Like a doula at birth,

A doula at the end of life tailors services for each client. In addition to making wills and advance directives, they encourage the dying to reflect on their lives. Is there a relationship they want to restore? Is there anything they need to say or do before they leave? Who do they want to see again before they die? There is no such thing as a typical doula. “It’s everywhere,” says Rush, a former hospice nurse, and midwife. According to her, it is like an old tradition when a neighbor, friend, or aunt comes to the rescue.
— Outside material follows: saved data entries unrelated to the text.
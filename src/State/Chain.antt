-- ===== src/State/Chain.antt =====
-- Following the replacements of a state, packages/client/src/State.ts.
use logion_api.Common.{
  ℕ, zero, suc, ◌+◌, ◌≤◌, ◌<◌, ◌≡◌, refl, sym, ap, ◌∙◌, true, false, Option, none, some, length,
  arith, inl, inr, Bool-cases, Option-cases,
}
use mathlib.Core.Bool.{true≢false}
use mathlib.Core.Path.{subst}
use logion_api.State.{Store, is_discarded, next_of, follow, get_current_state}

-- Replacements are newer than what they replace, and only a discarded state has one.
pub record IsOrdered {A : Type 0} (s : Store A) : Type 0 where
  pub newer : (i j : ℕ) → next_of s i ≡ some j → (i < j) × (j < length s)
  pub replaced : (i j : ℕ) → next_of s i ≡ some j → is_discarded s i ≡ true

-- `Follows s i j`: following the replacements from `i` leads to `j`.
pub data Follows {A : Type 0} (s : Store A) : ℕ → ℕ → Type 0 where
  here : (i : ℕ) → Follows s i i
  next : {i j k : ℕ} → next_of s i ≡ some j → Follows s j k → Follows s i k

-- Where the replacements of `i` come to an end: at a live state, or at a state that was discarded
-- without replacement.
abbrev pub Ends : {A : Type 0} → Store A → ℕ → Option ℕ → Type 0
Ends s i none = (j : ℕ) × Follows s i j × (is_discarded s j ≡ true) × (next_of s j ≡ none)
Ends s i (some j) = Follows s i j × (is_discarded s j ≡ false)

module _ {A : Type 0} (s : Store A) (o : IsOrdered s) where
  follow-Ends :
      (fuel i : ℕ)
      → i < length s
      → length s < fuel + i
      → is_discarded s i ≡ true
      → (r : Option ℕ) × (follow fuel s (next_of s i) ≡ some r) × Ends s i r
  unfolding follow
  follow-Ends zero i valid bound gone = absurd (omega arith)
  follow-Ends (suc fuel) i valid bound gone = elim (Option-cases (next_of s i)) [
    | inl last ↦ (none, rw last, (i, Follows.here i, gone, last))
    | inr (j, e) ↦
        let (newer, valid') = o.newer i j e in
        elim (Bool-cases (is_discarded s j)) [
          | inl gone' ↦
              let (r, found, ends) = follow-Ends fuel j valid' (omega arith) gone' in
              (r, rw (e, gone') found, step i j e r ends)
          | inr live ↦ (some j, rw (e, live), (Follows.next e (Follows.here j), live))
        ]
  ]
    where
      step : (i j : ℕ) → next_of s i ≡ some j → (r : Option ℕ) → Ends s j r → Ends s i r
      step i j e none (k, chain, gone, last) = (k, Follows.next e chain, gone, last)
      step i j e (some k) (chain, live) = (Follows.next e chain, live)

  -- With fuel for every state of the store, `getCurrentState` ends: at a live state that the
  -- replacements lead to, or with no state where they lead to one discarded without replacement.
  pub get_current_state-Ends :
      (i : ℕ)
      → i < length s
      → (r : Option ℕ) × (get_current_state (suc (length s)) i s ≡ some r) × Ends s i r
  unfolding get_current_state
  get_current_state-Ends i valid = elim (Bool-cases (is_discarded s i)) [
    | inl gone ↦ rw gone (follow-Ends (suc (length s)) i valid (omega arith) gone)
    | inr live ↦ rw live (some i, refl, (Follows.here i, live))
  ]

  pub Follows-length : {i j : ℕ} → Follows s i j → i < length s → (i ≤ j) × (j < length s)
  Follows-length (Follows.here i) h = (omega arith, h)
  Follows-length (Follows.next e f) h =
      let (newer, valid) = o.newer _ _ e in
      let (more, valid') = Follows-length f valid in (omega arith, valid')

  next_of_live : (i : ℕ) → is_discarded s i ≡ false → next_of s i ≡ none
  next_of_live i live = elim (Option-cases (next_of s i)) [
    | inl last ↦ last
    | inr (j, e) ↦ absurd (true≢false (sym (o.replaced i j e) ∙ live))
  ]

  same_end :
      {i j k : ℕ} → Follows s i j → Follows s i k → next_of s j ≡ none → next_of s k ≡ none → j ≡ k
  same_end (Follows.here i) (Follows.here _) p q = refl
  same_end (Follows.here i) (Follows.next e f) p q = cc
  same_end (Follows.next e f) (Follows.here _) p q = cc
  same_end (Follows.next {j = x} {k = y} e f) (Follows.next {j = x'} e' f') p q =
      let same : x ≡ x' = cc in same_end (subst (λ (t : ℕ). Follows s t y) same f) f' p q

  Ends-once : (i : ℕ) (q r : Option ℕ) → Ends s i q → Ends s i r → q ≡ r
  Ends-once i none none a b = refl
  Ends-once i (some j) (some k) (f, live) (g, live') =
      ap some (same_end f g (next_of_live j live) (next_of_live k live'))
  Ends-once i none (some k) (j, f, gone, last) (g, live) =
      let e = same_end f g last (next_of_live k live) in
      absurd (true≢false (sym gone ∙ ap (is_discarded s) e ∙ live))
  Ends-once i (some k) none (g, live) (j, f, gone, last) =
      let e = same_end f g last (next_of_live k live) in
      absurd (true≢false (sym gone ∙ ap (is_discarded s) e ∙ live))

  -- Where the replacements of a state end is what `getCurrentState` returns.
  pub get_current_state_of_Ends :
      (i : ℕ) (r : Option ℕ)
      → i < length s
      → Ends s i r
      → get_current_state (suc (length s)) i s ≡ some r
  get_current_state_of_Ends i r valid ends =
      let (q, found, ends') = get_current_state-Ends i valid in
      found ∙ ap some (Ends-once i q r ends' ends)
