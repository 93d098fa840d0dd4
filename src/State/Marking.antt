-- ===== src/State/Marking.antt =====
-- The store after a state has been discarded, packages/client/src/State.ts.
use mathlib.Core.Bool.{true≢false}
use native.Mathlib.Decide.{ℕ_discrete}
use logion_api.Common.{
  ℕ, zero, suc, ◌≤◌, ◌<◌, ◌≡◌, ◌≢◌, refl, sym, ap, ◌∙◌, true, false, Option, some, List, [], ◌∷◌,
  length, get_elem?, arith, length-set, get_elem?-set_self, get_elem?-set_ne, inl, inr,
  Option-cases,
}
use logion_api.State.{Cell, Store, is_discarded, next_of, mark_discarded}
use logion_api.State.Chain.{IsOrdered, Follows}

-- `s'` has the objects of `s`, unchanged, and perhaps new ones.
pub record Extends {A : Type 0} (s s' : Store A) : Type 0 where
  pub grown : length s ≤ length s'
  pub kept : (k : ℕ) → k < length s → get_elem? s' k ≡ get_elem? s k

get_elem?-lt :
    {B : Type 0} (xs : List B) (i : ℕ) → i < length xs → (x : B) × (get_elem? xs i ≡ some x)
get_elem?-lt [] i h = absurd (omega arith)
get_elem?-lt (x ∷ xs) zero h = (x, refl)
get_elem?-lt (x ∷ xs) (suc i) h = get_elem?-lt xs i (omega arith)

module _ {A : Type 0} (s : Store A) (j : ℕ) (next : Option ℕ) where
  pub length-mark : length (mark_discarded j next s) ≡ length s
  unfolding mark_discarded
  length-mark = elim (Option-cases (get_elem? s j)) [
    | inl missing ↦ rw (missing, mark_discarded)
    | inr (c, found) ↦
        rw (found, mark_discarded)
          (length-set s j (record c { discarded = true; next_state = next }))
  ]

  pub mark_self :
      j < length s
      → (c : Cell A) × (get_elem? (mark_discarded j next s) j
          ≡ some (record c { discarded = true; next_state = next }))
  unfolding mark_discarded
  mark_self h =
      let (c, found) = get_elem?-lt s j h in
      (
        c,
        rw (found, mark_discarded)
            (get_elem?-set_self s j (record c { discarded = true; next_state = next }) h),
      )

  mark_ne : (k : ℕ) → j ≢ k → get_elem? (mark_discarded j next s) k ≡ get_elem? s k
  unfolding mark_discarded
  mark_ne k h = elim (Option-cases (get_elem? s j)) [
    | inl missing ↦ rw (missing, mark_discarded)
    | inr (c, found) ↦
        rw (found, mark_discarded)
          (get_elem?-set_ne s (record c { discarded = true; next_state = next }) h)
  ]

  pub is_discarded-mark_self : j < length s → is_discarded (mark_discarded j next s) j ≡ true
  unfolding is_discarded
  is_discarded-mark_self h = let (c, e) = mark_self h in rw (e, is_discarded)

  pub next_of-mark_self : j < length s → next_of (mark_discarded j next s) j ≡ next
  unfolding next_of
  next_of-mark_self h = let (c, e) = mark_self h in rw (e, next_of)

  pub is_discarded-mark_ne :
      (k : ℕ) → j ≢ k → is_discarded (mark_discarded j next s) k ≡ is_discarded s k
  unfolding is_discarded
  is_discarded-mark_ne k h = rw (mark_ne k h, is_discarded)

  next_of-mark_ne : (k : ℕ) → j ≢ k → next_of (mark_discarded j next s) k ≡ next_of s k
  unfolding next_of
  next_of-mark_ne k h = rw (mark_ne k h, next_of)

  -- Discarding keeps the order, if the replacement is a newer state.
  pub mark-IsOrdered :
      IsOrdered s
      → j < length s
      → ((n : ℕ) → next ≡ some n → (j < n) × (n < length s))
      → IsOrdered (mark_discarded j next s)
  mark-IsOrdered o h newer = record {
    newer = λ a b e. elim (ℕ_discrete j a) [
      | yes same ↦
          let e' : next ≡ some b =
            sym (next_of-mark_self h) ∙ ap (next_of (mark_discarded j next s)) same ∙ e in
          let (p, q) = newer b e' in (omega arith, omega (arith, length-mark))
      | no other ↦
          let (p, q) = o.newer a b (sym (next_of-mark_ne a other) ∙ e) in
          (p, omega (arith, length-mark))
    ];
    replaced = λ a b e. elim (ℕ_discrete j a) [
      | yes same ↦ ap (is_discarded (mark_discarded j next s)) (sym same) ∙ is_discarded-mark_self h
      | no other ↦ is_discarded-mark_ne a other ∙ o.replaced a b (sym (next_of-mark_ne a other) ∙ e)
    ];
  }

module _ {A : Type 0} {s s' : Store A} (x : Extends s s') where
  pub is_discarded-kept : (k : ℕ) → k < length s → is_discarded s' k ≡ is_discarded s k
  unfolding is_discarded
  is_discarded-kept k h = rw (x.kept k h, is_discarded)

  next_of-kept : (k : ℕ) → k < length s → next_of s' k ≡ next_of s k
  unfolding next_of
  next_of-kept k h = rw (x.kept k h, next_of)

  pub Follows-kept : {i j : ℕ} → IsOrdered s → Follows s i j → i < length s → Follows s' i j
  Follows-kept o (Follows.here i) valid = Follows.here i
  Follows-kept o (Follows.next {i} {j} e f) valid =
      Follows.next (next_of-kept i valid ∙ e) (Follows-kept o f (o.newer i j e).1)

  -- Discarding a live state changes no replacement that leads to it.
  pub Follows-mark :
      (o : IsOrdered s) (next : Option ℕ) {i j : ℕ}
      → Follows s i j
      → i < length s
      → is_discarded s j ≡ false
      → Follows (mark_discarded j next s') i j
  Follows-mark o next (Follows.here i) valid live = Follows.here i
  Follows-mark o next (Follows.next {i} {j} {k} e f) valid live =
      let (newer, valid') = o.newer i j e in
      let other : k ≢ i =
        λ same. true≢false (sym (o.replaced i j e) ∙ ap (is_discarded s) (sym same) ∙ live) in
      Follows.next (next_of-mark_ne s' k next i other ∙ next_of-kept i valid ∙ e)
        (Follows-mark o next f valid' live)

pub Follows-trans :
    {A : Type 0} {s : Store A} {i j k : ℕ} → Follows s i j → Follows s j k → Follows s i k
Follows-trans (Follows.here i) g = g
Follows-trans (Follows.next e f) g = Follows.next e (Follows-trans f g)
Doula visits can be daily, weekly, or span several years. They can help with letter writing, laundry, funeral planning, or creating an inheritance. A legacy project might include photo captions, creating scrapbooks, or organizing recipes to pass on to the family. One of Johnson’s patients had an extensive record collection. She helped him write meaningful stories about his life that fit with every album. She hung the stories in his room for visitors to read and discuss with him.

There is someone to talk and cry with

Sometimes the family needs more practical or emotional support than the person who is dying, especially if that person is unconscious or unconscious. Joanna Harmon of Finksburg, MD, described her doula as an “outstanding advocate” who helped her through the stress and emotional strain of her father’s death in 2019. their clients since 2010.

“She sat with my father for 3 hours and held his hand so that I could leave the room.” The doula also helped her take her mind off the “inevitable” by asking her about growing up with her father. “She was someone you could talk to, cry with, get all those thoughts out of your head,” says Harmon. Schauffler says her friend’s doula gave up everything to be around her friend’s last hours and kept in touch with her husband after that. “It made a huge difference,” she says.

Where to find a doula

To find a doula at the end of life, contact local hospices who can work with volunteer doulas. Or start with the National End of Life Doula Alliance State Guide to Doulas.

These end-of-life doula training programs can also connect you with people who have completed their coursework:

  • International Doula Association at the End of Life
  • International Institute of Duladaws
  • University of Vermont Larner Medical College
  • Lifespan Doula Association

If you choose a doula

Ask potential doulas about their training, experience, and pay, as well as their availability and support, advises Rush, who also teaches doulas as the owner of The Dying Year. Also, see if they offer the services you need. Massage therapy? Meditation? Cooking? You can hire a doula at the end of life who has completed training courses and is certified. But the practice does not require a license or certificate. “There is no generally recognized local, state, or federal agency, regulatory, or accrediting body that is responsible for or provides end-of-life doula monitoring,” states the National End-of-Life Doula Alliance website. “More and more organizations are offering certification, but it’s voluntary.”

Get references and also consider if they have experience but no official credentials. “A person can have a lot of experience and lack of certification, so don’t rule it out,” Rush says.